Neuronal pSTAT1 hallmarks synaptic pathology in autoimmune encephalitis against intracellular antigens.
Autoimmune encephalitis (AE) is an inflammatory syndrome of the central nervous system (CNS) triggered by aberrant immune responses against neuronal intracellular (IC-AE) or surface (NS-AE) autoantigens. The resulting neuronal alterations and clinical trajectories differ, with IC-AE often leading to fatal outcomes. Unfortunately, the scarce availability of tissue from AE cases has hampered systematic analyses that would allow an understanding of the pathogenesis underlying neuronal alterations in T cell-mediated AE syndromes.
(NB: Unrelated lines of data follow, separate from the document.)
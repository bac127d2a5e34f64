-- ===== src/Breaker/Examples.antt =====
-- The breaker of the LLM tier at concrete readings of the clock: tests, and the theorems at inputs.
use asoe.Prelude.{
  count_if, ltb, ◌-◌, round_half_even, ℕ, ◌*◌, ◌≤◌, ◌≡◌, ◌≢◌, ◌↔◌, ◌⊎◌, refl, true, false, some,
  List, [], ◌∷◌, arith, length, All,
}
use asoe.Breaker.{
  Breaker, permitted, circuit_open, probe_failed, error_rate, opened, half_open, new_breaker, stats,
  maybe_trip, acquire, record_success, record_failure, reset,
}
use asoe.Breaker.Invariant.{
  IsSound, new_breaker-IsSound, acquire_call, success_call, failure_call, snapshot_call, Call,
  run_calls, run_calls-IsSound,
}
use asoe.Breaker.Probe.{
  maybe_trip_iff, acquire_single_probe, probe_decides, acquire_each, fail_each, reset_under_probe,
}

abbrev fresh : Breaker
fresh = new_breaker 25 15000 300000

abbrev five_failures : List (ℕ × ℕ × ℕ × ℕ)
five_failures =
    (1000, 1001, 1002, 40)
    ∷ (2000, 2001, 2002, 40)
    ∷ (3000, 3001, 3002, 40)
    ∷ (4000, 4001, 4002, 40)
    ∷ (5000, 5001, 5002, 40)
    ∷ []

-- five failures in a row trip the breaker at the fifth
abbrev tripped : Breaker
tripped = fail_each five_failures fresh

tripped_state :
    (tripped.state ≡ opened)
    × (tripped.opened_at ≡ some 5002)
    × (tripped.last_trip_reason ≡ some (error_rate 5 5))
unfolding fail_each record_failure new_breaker stats
tripped_state = (refl, refl, refl)

tripped-IsSound : IsSound tripped
unfolding fail_each record_failure new_breaker
tripped-IsSound = ground arith

-- four fast calls and a slow one, none of which failed
abbrev slow : Breaker
slow = record fresh {
  records =
      record { timestamp = 1; duration = 40; error = false }
      ∷ record { timestamp = 2; duration = 40; error = false }
      ∷ record { timestamp = 3; duration = 20000; error = false }
      ∷ record { timestamp = 4; duration = 40; error = false }
      ∷ record { timestamp = 5; duration = 40; error = false }
      ∷ [];
}

slow_trips : (maybe_trip 9 slow).state ≡ opened
unfolding new_breaker maybe_trip stats
slow_trips = refl

maybe_trip_iff_example : ((maybe_trip 9 slow).state ≡ opened) ↔ (
    (5 ≤ length slow.records)
    × ((25 * length slow.records ≤ 100 * count_if (λ r. r.error) slow.records)
        ⊎ (count_if (λ r. ltb r.duration 15000) slow.records
            ≤ round_half_even (95 * (length slow.records - 1)) 100)))
unfolding new_breaker
maybe_trip_iff_example = maybe_trip_iff 9 slow refl

abbrev probing : Breaker
probing = record tripped { state = half_open; probe_in_flight = true }

acquire_single_probe_example :
    (acquire 305002 tripped ≡ (probing, permitted))
    × (acquire 999999 probing ≡ (probing, circuit_open (some (error_rate 5 5))))
unfolding fail_each record_failure new_breaker stats
acquire_single_probe_example =
    acquire_single_probe 305002 999999 tripped {t = 5002} tripped-IsSound refl refl (omega arith)

probe_decides_example :
    ((acquire 306004 (record_success 306000 306001 306002 9 probing)).1 ≡ permitted)
    × ((acquire 306004 (record_failure 306000 306001 306002 9 probing)).1
        ≡ circuit_open (some probe_failed))
unfolding fail_each record_failure new_breaker stats
probe_decides_example = probe_decides 306000 306001 306002 9 306004 probing refl refl (omega arith)

reset_under_probe_example :
    All
      (λ p. p ≢ permitted)
      (acquire_each (400000 ∷ 800000 ∷ []) (fail_each five_failures (reset probing)))
unfolding fail_each record_failure new_breaker stats reset
reset_under_probe_example = reset_under_probe five_failures (400000 ∷ 800000 ∷ []) probing refl refl

abbrev busy : List Call
busy = acquire_call 1 ∷ success_call 2 3 4 50 ∷ failure_call 5 6 7 90 ∷ snapshot_call 8 9 ∷ []

run_calls-IsSound_example : IsSound (run_calls busy fresh)
run_calls-IsSound_example = run_calls-IsSound busy fresh (new_breaker-IsSound 25 15000 300000)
Here, we assembled a cohort comprising both NS-AE (n = 8) and IC-AE (n = 12) from multiple institutions to delineate key histopathological features that distinguish neuronal pathology between IC-AE and NS-AE. In contrast to NS-AE, IC-AE lesions present a prominent neuronal pSTAT1 signature, accompanied by a high proportion of brain-resident memory CD8 + T cells and neurodegenerative GPNMB + phagocytes which show synaptic engulfment with little C3-complement deposition. Our findings highlight distinct histopathological features of IC-AE compared to NS-AE, providing actionable biomarkers for diagnostics and treatment strategies.